裡面有她的介紹信,有高中班主任徐老師的親筆信,有戶籍證明,還有已故父母的身份信息。
頭一次遇見這樣的事情,喬文也不知道自己能不能解決。
深呼一口氣,擡腿邁上樓梯,原主窩囊,可也不是别人欺負她的理由。
她來了,就不會繼續這樣窩囊的生活。
辦公樓裡面有很多部門,裡面也有許多的學生在裡面忙碌穿梭。
招生辦,門開着,裡面隻有一個中年婦女在低頭忙碌着什麼,喬文輕輕地敲門。
“你好。”
中年婦女看了眼喬文:“你是新生吧,交通知書在對面,領書在隔壁——”
“老師,我不是新生,去年有人頂替我來這裡上了大學,我來問問這是該怎麼處理?”
中年婦女擡起頭來,看向喬文:“同志,你進來說。”
說罷,把招生辦的門關起來,轉身看着她:“同志,你說有人頂替你來上大學,到底是怎麼回事?”
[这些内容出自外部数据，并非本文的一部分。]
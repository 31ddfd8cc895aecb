-- ===== src/Otp/Verify.antt =====
-- When a code is accepted, and what a verification leaves behind.
use ulmara_backend.Common.{
  Option-cases, Text, ap, arith, eq_of_text_eq, false, inl, inr, none, refl, some, text_eq, ℕ, ◌<◌,
  ◌≡◌, ◌≢◌,
}
use ulmara_backend.World.{Channel, Db, Env, OtpRow, StoredCode, garbage, ok, shapeless, stored}
use ulmara_backend.Otp.{
  check_code, claim_code, consume_script, failure_script, invalid, otp_of, reject_code, verified,
  verify_verification_code,
}
use ulmara_backend.Otp.Keys.{otp_of-redis_del}

data IsStored (v : StoredCode) : Type 0 where
  is_stored : (h : Text) (e a : ℕ) → v ≡ stored h e a → IsStored v
  is_shapeless : v ≡ shapeless → IsStored v
  is_garbage : v ≡ garbage → IsStored v

StoredCode-cases : (v : StoredCode) → IsStored v
StoredCode-cases (stored h e a) = is_stored h e a refl
StoredCode-cases shapeless = is_shapeless refl
StoredCode-cases garbage = is_garbage refl

module _ (env : Env) (id : ℕ) (ch : Channel) where
  claim_code_sound :
      (h : Text) (db db' : Db)
      → claim_code env id ch h db ≡ (ok verified, db')
      → otp_of id ch db' ≡ none
  unfolding claim_code consume_script
  claim_code_sound h db db' e = ground (arith, otp_of-redis_del id ch (env.others 0 db))

  reject_code-ne-verified :
      (h : Text) (db db' : Db) → reject_code env id ch h db ≢ (ok verified, db')
  unfolding reject_code failure_script
  reject_code-ne-verified h db db' e = ground arith

  check_code_sound :
      (code h : Text) (t : ℕ) (db db' : Db)
      → check_code env id ch code h t db ≡ (ok verified, db')
      → (h ≡ env.hash_code code) × (db.clock < t) × (otp_of id ch db' ≡ none)
  unfolding check_code
  check_code_sound code h t db db' e = ground (
    arith,
    claim_code_sound h db db',
    reject_code-ne-verified h db db',
    eq_of_text_eq h (env.hash_code code),
  )

  -- A code is accepted only if a record for the key was stored whose hash is the code's and whose
  -- time has not run out; and then the record is gone.
  pub verify_sound :
      (code : Text) (db db' : Db)
      → verify_verification_code env id ch code db ≡ (ok verified, db')
      → (row : OtpRow) × (e : ℕ) × (a : ℕ) × (otp_of id ch db ≡ some row)
        × (row.value ≡ stored (env.hash_code code) e a)
        × (db.clock < e)
        × (otp_of id ch db' ≡ none)
  unfolding verify_verification_code
  verify_sound code db db' run = elim (Option-cases (otp_of id ch db)) [
    | inl missing ↦ absurd (ground arith)
    | inr (row, found) ↦ elim (StoredCode-cases row.value) [
      | is_shapeless shape ↦ absurd (ground arith)
      | is_garbage shape ↦ absurd (ground arith)
      | is_stored h e a shape ↦
          let checked : check_code env id ch code h e db ≡ (ok verified, db') = ground arith in
          let (same, live, gone) = check_code_sound code h e db db' checked in
          (row, e, a, found, rw shape (ap (λ x. stored x e a) same), live, gone)
    ]
  ]

  -- A record whose hash is not the one that was read, as after a resend, is left as it is, and the
  -- request answers "invalid", whether the old code was right or wrong.
  resend_survives :
      (code h h' : Text) (e e' a' : ℕ) (row : OtpRow) (db : Db)
      → db.clock < e
      → otp_of id ch (env.others 0 db) ≡ some row
      → row.value ≡ stored h' e' a'
      → text_eq h' h ≡ false
      → check_code env id ch code h e db ≡ (ok invalid, env.others 0 db)
  unfolding check_code claim_code reject_code consume_script failure_script
  resend_survives code h h' e e' a' row db live found shape changed = ground arith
喬文看向中年婦女:“老師,我叫喬文,我是去年考上咱們這裡的資源勘察專業,可是當時我并沒有收到通知書,我一直以為是我自己沒有考上,我今年才從高中老師的嘴裡知道這件事。”
中年婦女的眉頭皺起,作為大學的招生辦,他們對于大學生的審查極為嚴格。
“你說你是喬文?”中年婦女看了看喬文,她還記得這個名字。
這個孩子的身世極為可憐,父親是參加過抗美援朝的戰士,退伍後在并州城裡的被服廠工作,沒幾年,廠裡大火,這孩子的父母為了保護廠裡的物資犧牲。
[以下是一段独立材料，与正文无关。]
-- ===== src/Auth/Access/Verified.antt =====
-- An email address is verified only by a code that was issued for it.
use ulmara_backend.Common.{
  Option-cases, Text, arith, false, find_where, inl, inr, lower, none, some, trim, true, ℕ, ◌<◌,
  ◌≡◌,
}
use ulmara_backend.World.{Db, Env, OtpRow, User, email_channel, ok, stored}
use ulmara_backend.Auth.{claims, require_auth}
use ulmara_backend.Auth.Access.{has_email, login, submit_code, verify_email, write_verified}
use ulmara_backend.Lockout.{user_of}
use ulmara_backend.Otp.{otp_of, verified, verify_verification_code}
use ulmara_backend.Otp.Verify.{verify_sound}

-- An email verification that answers for an address that was not verified found a stored record for
-- the user's email whose hash is the code's and whose time had not run out; and then no record for the
-- user's email is left.
pub verify_email_sound :
    (env : Env) (id : ℕ) (code : Text) (u : User) (db db' : Db)
    → verify_email env id code db ≡ (ok tt, db')
    → user_of id db ≡ some u
    → u.email_verified ≡ false
    → (row : OtpRow) × (e : ℕ) × (a : ℕ) × (otp_of id email_channel db ≡ some row)
      × (row.value ≡ stored (env.hash_code code) e a)
      × (db.clock < e)
      × (otp_of id email_channel db' ≡ none)
unfolding verify_email submit_code write_verified
verify_email_sound env id code u db db' e found unverified =
    let accepted : verify_verification_code env id email_channel code db
        ≡ (ok verified, (verify_verification_code env id email_channel code db).1) =
      ground arith in
    let (row, e', a, held, same, live, gone) =
      verify_sound env id email_channel code db _ accepted in
    (row, e', a, held, same, live, ground (arith, gone))

-- A login that answers was given the password of the user with that email, and the token that it
-- opened is then admitted for that user.
login_sound :
    (env : Env) (email password : Text) (token : ℕ) (u : User) (db db' : Db)
    → login env email password token db ≡ (ok u, db')
    → (find_where (has_email (lower (trim email))) db.users ≡ some u)
      × (env.compare_hash password u.password_hash ≡ true)
      × (require_auth (λ t. claims u.id) (some token) db' ≡ (ok u.id, db'))
unfolding login require_auth find_where
login_sound env email password token u db db' e =
    elim (Option-cases (find_where (has_email (lower (trim email))) db.users)) [
      | inl missing ↦ absurd (ground arith)
      | inr (v, found) ↦ (ground arith, ground arith, ground arith)
    ]
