-- ===== src/Lockout/Laws.antt =====
-- What one PIN check does: it is refused while a lockout is in force, it succeeds only on the right
-- PIN, and no counter ever reaches the limit, whatever other requests do.
use ulmara_backend.Common.{
  All, All-update_where, Bool, Option-cases, Text, arith, inl, inr, none, some, suc, true,
  update_where, zero, ℕ, ◌&&◌, ◌<◌, ◌==◌, ◌≡◌,
}
use ulmara_backend.World.{Db, Env, M, User, err, http, ok, or_throw, ⊤}
use ulmara_backend.Lockout.{
  active_lock, assert_pin_authorized, failure_write, get_lock_state, is_expired, lock_field,
  locked_for, pin_hash_of, pin_max_attempts, record_failure, record_round, reset, swap_failure,
  update_users, user_of,
}

abbrev IsBelowLimit : Db → Type 0
IsBelowLimit db = All (λ u. u.pin_failed_attempts < pin_max_attempts) db.users

-- While a lockout is in force, a check is refused with status 423, the right PIN included, and
-- nothing changes.
assert_pin_authorized_locked :
    (env : Env) (id : ℕ) (pin : Text) (u : User) (until : ℕ) (db : Db)
    → user_of id db ≡ some u
    → u.pin_locked_until ≡ some until
    → db.clock < until
    → assert_pin_authorized env id pin db ≡ (err (http 423 (locked_for until db.clock)), db)
unfolding assert_pin_authorized get_lock_state
assert_pin_authorized_locked env id pin u until db found locked early = ground arith

-- A check that succeeds found no lockout in force and then, after what other requests did meanwhile, a
-- PIN hash that the given PIN matches. Since that read and what other requests did during the
-- comparison, it set the user's counter to 0, cleared the lockout, and changed nothing else.
pub assert_pin_authorized_sound :
    (env : Env) (id : ℕ) (pin : Text) (db db' : Db)
    → assert_pin_authorized env id pin db ≡ (ok tt, db')
    → (hash : Text) × (pin_hash_of (user_of id (env.others 40 db)) ≡ some hash)
      × (env.compare_hash pin hash ≡ true)
      × (active_lock (lock_field (user_of id db)) db.clock ≡ none)
      × (db' ≡ record (env.others 41 (env.others 40 db)) {
        users =
            update_where
              (λ u. u.id == id)
              (λ u. record u { pin_failed_attempts = 0; pin_locked_until = none })
              (env.others 41 (env.others 40 db)).users;
      })
unfolding assert_pin_authorized get_lock_state reset
assert_pin_authorized_sound env id pin db db' e =
    elim (Option-cases (pin_hash_of (user_of id (env.others 40 db)))) [
      | inl missing ↦ absurd (ground arith)
      | inr (hash, has) ↦ (hash, has, ground arith, ground arith, ground arith)
    ]

module _ (meanwhile : M ⊤) (retry : M ℕ)
    (keep : (db : Db) → IsBelowLimit db → IsBelowLimit (meanwhile db).1)
    (again : (db : Db) → IsBelowLimit db → IsBelowLimit (retry db).1) (id : ℕ) where
  update-IsBelowLimit :
      (raw : ℕ) (expired : Bool) (now : ℕ) (db : Db)
      → IsBelowLimit db
      → IsBelowLimit
          (update_users
            (λ u. u.id == id && u.pin_failed_attempts == raw)
            (failure_write raw expired now)
            db).1
  update-IsBelowLimit raw expired now db h =
      All-update_where _ _ _ (λ u _ _. ground arith) db.users h

  swap_failure-IsBelowLimit :
      (raw : ℕ) (expired : Bool) (now : ℕ) (db : Db)
      → IsBelowLimit db
      → IsBelowLimit (swap_failure meanwhile retry id raw expired now db).1
  unfolding swap_failure
  swap_failure-IsBelowLimit raw expired now db h = ground (
    arith,
    keep db h,
    update-IsBelowLimit raw expired now (meanwhile db).1,
    again
        (update_users (λ u. u.id == id && u.pin_failed_attempts == raw)
          (failure_write raw expired now) (meanwhile db).1).1,
  )

  -- One round keeps the bound if what runs meanwhile and what is retried keep it.
  record_round-IsBelowLimit :
      (db : Db) → IsBelowLimit db → IsBelowLimit (record_round meanwhile retry id db).1
  unfolding record_round
  record_round-IsBelowLimit db h = elim (Option-cases (user_of id db)) [
    | inl missing ↦ rw (missing, or_throw) h
    | inr (u, found) ↦
        rw (found, or_throw)
          (ground (
            arith,
            swap_failure-IsBelowLimit u.pin_failed_attempts (is_expired u.pin_locked_until db.clock)
                db.clock db h,
          ))
  ]

-- Whatever other requests do, as long as they keep every counter below the limit, a recorded
-- failure keeps every counter below the limit.
record_failure-IsBelowLimit :
    (env : Env)
    → ((k : ℕ) (db : Db) → IsBelowLimit db → IsBelowLimit (env.others k db))
    → (n id : ℕ) (db : Db) → IsBelowLimit db
    → IsBelowLimit (record_failure env n id db).1
unfolding record_failure
record_failure-IsBelowLimit env keep zero id db h =
    record_round-IsBelowLimit _ _ (λ _ k. k) (λ _ k. k) id db h
record_failure-IsBelowLimit env keep (suc n) id db h =
    record_round-IsBelowLimit _ _ (keep n) (record_failure-IsBelowLimit env keep n id) id db h

reset-IsBelowLimit : (id : ℕ) (db : Db) → IsBelowLimit db → IsBelowLimit (reset id db).1
unfolding reset
reset-IsBelowLimit id db h = All-update_where _ _ _ (λ u _ _. omega arith) db.users h

-- Whatever other requests do, as long as they keep every counter below the limit, a PIN check keeps
-- every counter below the limit.
assert_pin_authorized-IsBelowLimit :
    (env : Env)
    → ((k : ℕ) (db : Db) → IsBelowLimit db → IsBelowLimit (env.others k db))
    → (id : ℕ) (pin : Text) (db : Db) → IsBelowLimit db
    → IsBelowLimit (assert_pin_authorized env id pin db).1
unfolding assert_pin_authorized get_lock_state
assert_pin_authorized-IsBelowLimit env keep id pin db h =
    let d = env.others 40 db in
    let d' = env.others 41 d in
    ground (
      arith,
      keep 40 db h,
      keep 41 d,
      reset-IsBelowLimit id d',
      record_failure-IsBelowLimit env keep env.rounds id d',
    )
烈士的女兒,當時學校還給了那孩子一些補助和格外照顧。
今天冒出來一個人說她才是喬文?
不會是騙子吧?
“喬文同學,我是石油大學的招生辦主任,我姓程,你說你的大學名額被頂替,有什麼證據嗎?”
把拿在手裡的牛皮紙信封遞給程主任:“主任,這個是我能找到的證據,時間已經過去了一年,我不知道還能不能——”
她沒有說下去,聲音也有些哽咽。
程主任拍了拍她的肩膀,溫言安慰:“喬同學,你放心,如果是真的有人頂替你,我們一定會按照規章制度處理。”
把牛皮紙袋子打開,拿出裡面的資料,每一張紙她都仔仔細細地看了好幾遍,随後又走到窗邊,戴上眼鏡,反反複複地看了好幾遍。
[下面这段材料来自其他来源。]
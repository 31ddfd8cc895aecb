-- ===== src/Auth/Pin.antt =====
-- The PIN operations against the shared lockout.
use ulmara_backend.Common.{
  List, Text, arith, find_where, find_where-update_where, is_some, none, refl, some, true,
  update_where, ℕ, ◌≡◌,
}
use ulmara_backend.World.{Db, Env, User, ok}
use ulmara_backend.Auth.{change_pin, has_no_pin, is_six, refuse_pin, set_pin, verify_pin, with_pin}
use ulmara_backend.Lockout.{
  active_lock, assert_pin_authorized, is_user, lock_field, pin_hash_of, user_of,
}
use ulmara_backend.Lockout.Laws.{assert_pin_authorized_sound}

-- On a PIN of six digits the login gate does what the transfer gate does: the same answers, the same
-- counting and the same reset.
verify_pin_same_gate :
    (env : Env) (id : ℕ) (pin : Text) (db : Db)
    → is_six pin ≡ true
    → verify_pin env id pin db ≡ assert_pin_authorized env id pin db
unfolding verify_pin assert_pin_authorized refuse_pin
verify_pin_same_gate env id pin db six = ground arith

set_pin_claims :
    (id : ℕ) (hash : Text) (u : User) (users : List User)
    → find_where (is_user id) users ≡ some u
    → is_some u.pin_hash ≡ true
    → find_where (is_user id) (update_where (has_no_pin id) (with_pin hash) users) ≡ some u
set_pin_claims id hash u users found set =
    rw
      (
        find_where-update_where (is_user id) (has_no_pin id) (with_pin hash) (λ v. refl) users,
        found,
      )
      (ground arith)

-- A PIN that is set when the claim runs, also one that another request set after the check, is not
-- overwritten: the user's row stays as it is.
set_pin_once :
    (env : Env) (id : ℕ) (pin : Text) (u : User) (db : Db)
    → find_where (is_user id) db.users ≡ some u
    → find_where (is_user id) (env.others 0 db).users ≡ some u
    → is_some u.pin_hash ≡ true
    → find_where (is_user id) (set_pin env id pin db).1.users ≡ some u
unfolding set_pin
set_pin_once env id pin u db found after set =
    ground (arith, set_pin_claims id (env.make_hash pin) u (env.others 0 db).users after set)

-- A change of the PIN that succeeds was given the current PIN while no lockout was in force, and a new
-- PIN of six digits.
change_pin_requires_current :
    (env : Env) (id : ℕ) (current new : Text) (db db' : Db)
    → change_pin env id current new db ≡ (ok tt, db')
    → (is_six new ≡ true)
      × ((hash : Text) × (pin_hash_of (user_of id (env.others 40 (env.others 29 db))) ≡ some hash)
          × (env.compare_hash current hash ≡ true)
          × (active_lock (lock_field (user_of id (env.others 29 db))) (env.others 29 db).clock
              ≡ none))
unfolding change_pin
change_pin_requires_current env id current new db db' e =
    let start = env.others 29 db in
    let passed : assert_pin_authorized env id current start
        ≡ (ok tt, (assert_pin_authorized env id current start).1) =
      ground arith in
    let (hash, has, same, free, after) =
      assert_pin_authorized_sound env id current start _ passed in
    (ground arith, (hash, has, same, free))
看的時間很長,喬文的肌肉都有些僵硬,這個時候,因為資料都是手寫的,造假的可能性極高。
她不知道喬雪來的時候拿了什麼,如果也有這些,那她可就說不清楚了。
“喬文同學,這件事我們也會去查詢當時的喬同學哦拿過來的通知書和她的介紹信——”程主任頓了一下:“後續我們派人去你們廠裡還有街辦詢問這件事,你放心,我們一定會給出你一個結果。”
這不就是官腔?
喬文不由地挺直身體:“程主任,我的資料還不能證明我自己的身份嗎?”
看程主任不回答,喬文追問:“程主任,你說的結果需要多久才能給我呢?
不怕你笑話,我就是被自家表妹喬雪頂替了上學的名額,我父母在廠裡的職位也被我叔叔嬸嬸頂替,若是我不能為自己讨回一個公道,我一個黑戶就要餓死。”
她說的不是謊話,在書裡,原主這次回去,就被迫嫁了傻子,沒過多久就被家暴而死。
想到原主的可憐遭遇,喬文說着氣憤又悲傷。
說到最後,她的聲音低了下去:“我外婆沒了,我現在已經十九,如果我拿不回我的身份,我就隻能——”
咬牙說出了原主的遭遇:“被迫嫁給一個傻子。”
“孩子,你起來,我現在帶你去學籍檔案處,我們一起去查一查。”程主任帶着喬文,一起到了學籍檔案處。
喬雪的介紹信上面有塗改的痕迹。
還是直接在“喬雪”的雪上面面劃了一道,改成文。
從二十一世紀過來的喬文擦了擦眼睛。
這樣粗劣的方法都可以蒙混過關。
怪不得那個時候很多被頂替去上大學的。
“同學,你和我一起去校長辦公室。”程主任看見這個結果,緊緊的皺起眉毛,這屬于他們的工作疏忽。
校長聽見了這個事情也是非常的不可思議,他立刻叫來了系主任,打聽“喬文”的現狀。
“什麼?改名?她現在叫什麼?”
系主任推了推下滑的眼鏡:“校長,那孩子現在叫喬雪。”
這下就對上了,她為什麼好端端改名,那還不是因為别人的名字叫着不順耳?
“喬文,你說她是你的表妹,不會她以前的名字就叫喬雪吧?”
喬文點頭:“她就是叫喬雪。”
校長端起茶杯又放下:“好,不過還是需要去你們廠裡,街道辦事處核查清楚。”
轉頭看向喬文安撫道:“這樣,喬文,你先在學校住一晚,明天一早,程主任和你一起去并州查清楚。”
轉頭吩咐程主任:“給她找個宿舍住。”
喬文鞠躬:“謝謝校長,謝謝程主任,系主任!”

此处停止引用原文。